Experts, including Allan Lichtman, on whom the Bloomberg administration relied for past Charter changes, have told the Justice Department that this term-limits extension will have a retrogressive effect on minority voting opportunities this year and going forward. As these experts have explained, minority representation on the New York City Council, as well as in borough-wide and citywide offices, has slowly but steadily increased since the early 1990s, as a result of changing neighborhood demographics and open seats; therefore, the greater and more frequent the number of open-seat contests, the more frequently minorities have translated, and will have the opportunity to translate, favorable demographics into increased political representation.
It was this combination of improved demographics and the absence of incumbents in open-seat races that helped reshape the composition of the City Council, whose districts were redrawn prior to the 1991 election cycle, leading to a dramatic increase in minority representation. In 1989, New Yorkers voted to amend the City Charter to increase the number of Council districts from 35 to 51; this took effect in 1991.
Then, with the advent of the voter-imposed two-term limit in 1993, minority representation on the City Council increased by more than 16 percent, all in open-seat races (half created by term limits). And in 2001, the first and only local election cycle affected by term limits, four municipal offices (City Comptroller, Queens Borough President and two City Council seats) turned over from white incumbents to minorities, and all four were in open-seat races created by term limits.
Under the two-term limit, numerous minority-preferred candidates, including several city council candidates, a candidate for Brooklyn borough president, and a candidate for mayor, all running in majority-minority communities, appeared well-positioned to be elected in open-seat contests in the 2009 election cycle, but with this extension of term limits, they all now have to run against twice-previously-elected white incumbents.
“Term limits have created opportunities for minority voters to elect their candidates of choice to municipal office,” said Randy Mastro, Former Deputy Mayor and attorney who has led the legal challenge to the term limits law. “As a direct result of the term limits change, the opportunity for minorities to elect these same minority preferred candidates will be significantly reduced.”
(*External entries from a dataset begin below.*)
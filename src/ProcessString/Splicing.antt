-- ===== src/ProcessString/Splicing.antt =====
-- spliceString of parse_config/ProcessString.hpp against Split of string_helper/StringHelper.hpp.
use c_plus_plus.Prelude.{
  ℕ, zero, suc, ◌+◌, ◌-◌, ◌≤◌, ◌<◌, ◌≡◌, refl, sym, ap, ◌∙◌, inl, inr, true, none, some, List, [],
  ◌∷◌, ◌++◌, arith, Bool-cases, length, drop, length-drop,
}
use c_plus_plus.Prelude.Chars.{Bytes}
use c_plus_plus.Prelude.Find.{take_while, drop_while, one_of}
use c_plus_plus.StringHelper.Split.{is_plain, split_loop, split}
use c_plus_plus.StringHelper.Split.Tokens.{length-drop_while, Starts-skip}
use c_plus_plus.ProcessString.{strtok, splice_loop, splice_string}

module _ (separators : Bytes) where
  abbrev skip : Bytes → Bytes
  skip s = drop_while (one_of separators) s

  abbrev later : Bytes → Bytes
  later s = drop_while (is_plain separators) s

  strtok-none : (s : Bytes) → skip s ≡ [] → strtok separators s ≡ none
  unfolding strtok
  strtok-none s e = rw (e, strtok)

  strtok-some :
      (s : Bytes) (c : ℕ) (t : Bytes)
      → skip s ≡ c ∷ t
      → strtok separators s
        ≡ some (take_while (is_plain separators) (c ∷ t), drop 1 (later (c ∷ t)))
  unfolding strtok
  strtok-some s c t e = rw (e, strtok)

  -- The delimiter that `strtok` overwrites is one that the next call would skip.
  skip-drop : (s : Bytes) → skip (drop 1 (later s)) ≡ skip (later s)
  unfolding drop_while
  skip-drop [] = refl
  skip-drop (c ∷ s) = elim (Bool-cases (one_of separators c)) [
    | inl h ↦ rw (h, drop_while) (rw (h, drop_while))
    | inr h ↦ rw (h, drop_while) (skip-drop s)
  ]

  split_loop-nil : (k : ℕ) → split_loop k separators [] ≡ []
  unfolding split_loop
  split_loop-nil zero = refl
  split_loop-nil (suc k) = refl

  rest_shorter :
      (c : ℕ) (t : Bytes)
      → is_plain separators c ≡ true
      → length (drop 1 (later (c ∷ t))) ≤ length t
  unfolding drop_while
  rest_shorter c t h =
      rw h (
        omega
          (arith, length-drop 1 (later t), length-drop_while separators (is_plain separators) t))

  plain_start : (s : Bytes) (c : ℕ) (t : Bytes) → skip s ≡ c ∷ t → is_plain separators c ≡ true
  plain_start s c t e = rw e at (Starts-skip separators s)

  splice_loop-none : (fuel : ℕ) → splice_loop (suc fuel) separators none ≡ []
  unfolding splice_loop
  splice_loop-none fuel = refl

  splice_loop-some :
      (fuel : ℕ) (token rest : Bytes)
      → splice_loop (suc fuel) separators (some (token, rest))
        ≡ token ∷ splice_loop fuel separators (strtok separators rest)
  unfolding splice_loop
  splice_loop-some fuel token rest = refl

  split_loop-cons :
      (k c : ℕ) (t : Bytes)
      → take_while (is_plain separators) (c ∷ t) ∷ split_loop k separators (skip (later (c ∷ t)))
        ≡ split_loop (suc k) separators (c ∷ t)
  unfolding split_loop
  split_loop-cons k c t = refl

  splice_loop-split_loop :
      (fuel k : ℕ) (s : Bytes)
      → length s < fuel
      → length s ≤ k
      → splice_loop fuel separators (strtok separators s) ≡ split_loop k separators (skip s)
  splice_loop-split_loop zero k s f g = absurd (omega arith)
  splice_loop-split_loop (suc fuel) k s f g =
      go k (skip s) refl g
        (λ t lt. splice_loop-split_loop fuel (k - 1) t (omega arith) (omega arith))
    where
      go :
          (k : ℕ) (u : Bytes)
          → skip s ≡ u
          → length s ≤ k
          → ((t : Bytes)
              → length t < length s
              → splice_loop fuel separators (strtok separators t)
                ≡ split_loop (k - 1) separators (skip t))
          → splice_loop (suc fuel) separators (strtok separators s)
            ≡ split_loop k separators (skip s)
      go k [] e g ih =
          ap (splice_loop (suc fuel) separators) (strtok-none s e)
          ∙ splice_loop-none fuel
          ∙ sym (split_loop-nil k)
          ∙ ap (split_loop k separators) (sym e)
      go zero (c ∷ t) e g ih =
          absurd (omega (arith, length-drop_while separators (one_of separators) s, ap length e))
      go (suc k) (c ∷ t) e g ih =
          let size = ap length e in
          let shorter = rest_shorter c t (plain_start s c t e) in
          let le = length-drop_while separators (one_of separators) s in
          let e' : suc k - 1 ≡ k = omega arith in
          let step = rw e' at (ih (drop 1 (later (c ∷ t))) (omega (arith, size, shorter, le))) in
          ap (splice_loop (suc fuel) separators) (strtok-some s c t e)
          ∙ splice_loop-some fuel (take_while (is_plain separators) (c ∷ t))
              (drop 1 (later (c ∷ t)))
          ∙ ap (◌∷◌ (take_while (is_plain separators) (c ∷ t)))
              (step ∙ ap (split_loop k separators) (skip-drop (c ∷ t)))
          ∙ split_loop-cons k c t
          ∙ ap (split_loop (suc k) separators) (sym e)

  -- `spliceString` appends exactly the tokens that `Split` of the other component returns.
  pub splice_string-split :
      (str : Bytes) (sub_strings : List Bytes)
      → splice_string str sub_strings separators ≡ sub_strings ++ split str separators
  unfolding splice_string split
  splice_string-split str sub_strings =
      ap (◌++◌ sub_strings)
        (splice_loop-split_loop (length str + 1) (length str) str (omega arith) (omega arith))
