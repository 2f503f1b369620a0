-- ===== src/StringHelper/Strip.antt =====
-- Lstrip, Rstrip and Strip of string_helper/StringHelper.hpp. A loop that looks for a character from
-- the right with `size_t i; i >= 0` never stops by its test: where no such character is left it
-- reads outside the string, which is `none` here.
pub mod Trim
use c_plus_plus.Prelude.{
  ℕ, suc, ◌+◌, ◌-◌, ◌/◌, Bool, not, ◌&&◌, Option, none, some, reverse, ◌==◌, if◌then◌else◌, ◌>>=◌,
  length, take, drop,
}
use c_plus_plus.Prelude.Chars.{Bytes}
use c_plus_plus.Prelude.Find.{find_if, one_of}

-- The test `charsSet.find(c) == charsSet.end()`.
abbrev pub stays : Bytes → ℕ → Bool
stays chars c = not (one_of chars c)

-- The first loop of `Lstrip` and of `Strip`.
pub start_pos : Bytes → Bytes → ℕ
start_pos str chars = elim (find_if (stays chars) str) [ none ↦ 0 | some i ↦ i ]

-- The loop of `Rstrip`, and the second of `Strip`: the index found from the right.
pub end_pos : Bytes → Bytes → Option ℕ
end_pos str chars = elim (find_if (stays chars) (reverse str)) [
  | none ↦ none
  | some j ↦ some (length str - 1 - j)
]

-- `Lstrip`
pub lstrip : Bytes → Bytes → Bytes
lstrip str chars = let pos = start_pos str chars in if not (pos == 0) then drop pos str else str

-- `Rstrip`
pub rstrip : Bytes → Bytes → Option Bytes
rstrip str chars = do
  pos ← end_pos str chars
  some (if not (pos == length str - 1) then take (pos + 1) str else str)

-- `Strip`
pub strip : Bytes → Bytes → Option Bytes
strip str chars = do
  pos ← end_pos str chars
  let start = start_pos str chars
  some (
      if not (start == 0) && not (pos == length str - 1)
      then take (pos + 1 - start) (drop start str)
      else str)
The term limits change, experts and advocates say, affects a number of the races, including: City Council District 1 in Lower Manhattan, where 61 percent of the voting age population is minority; City Council District 11 in the Bronx, where 55 percent of the voting age population is minority; City Council District 25 in Queens, where the minority voting age population is 80 percent; the mayor’s race; and, the Borough President’s race in Brooklyn, where most of the voting age population is also minority.
“In days past, local governments imposed all manner of requirements and devices that had the effect of erecting barriers in the path of minority candidates seeking local elected office,” Towns said. “Sadly, this term limits extension is a direct descendant of such discriminatory laws and would have an equally discriminatory effect.”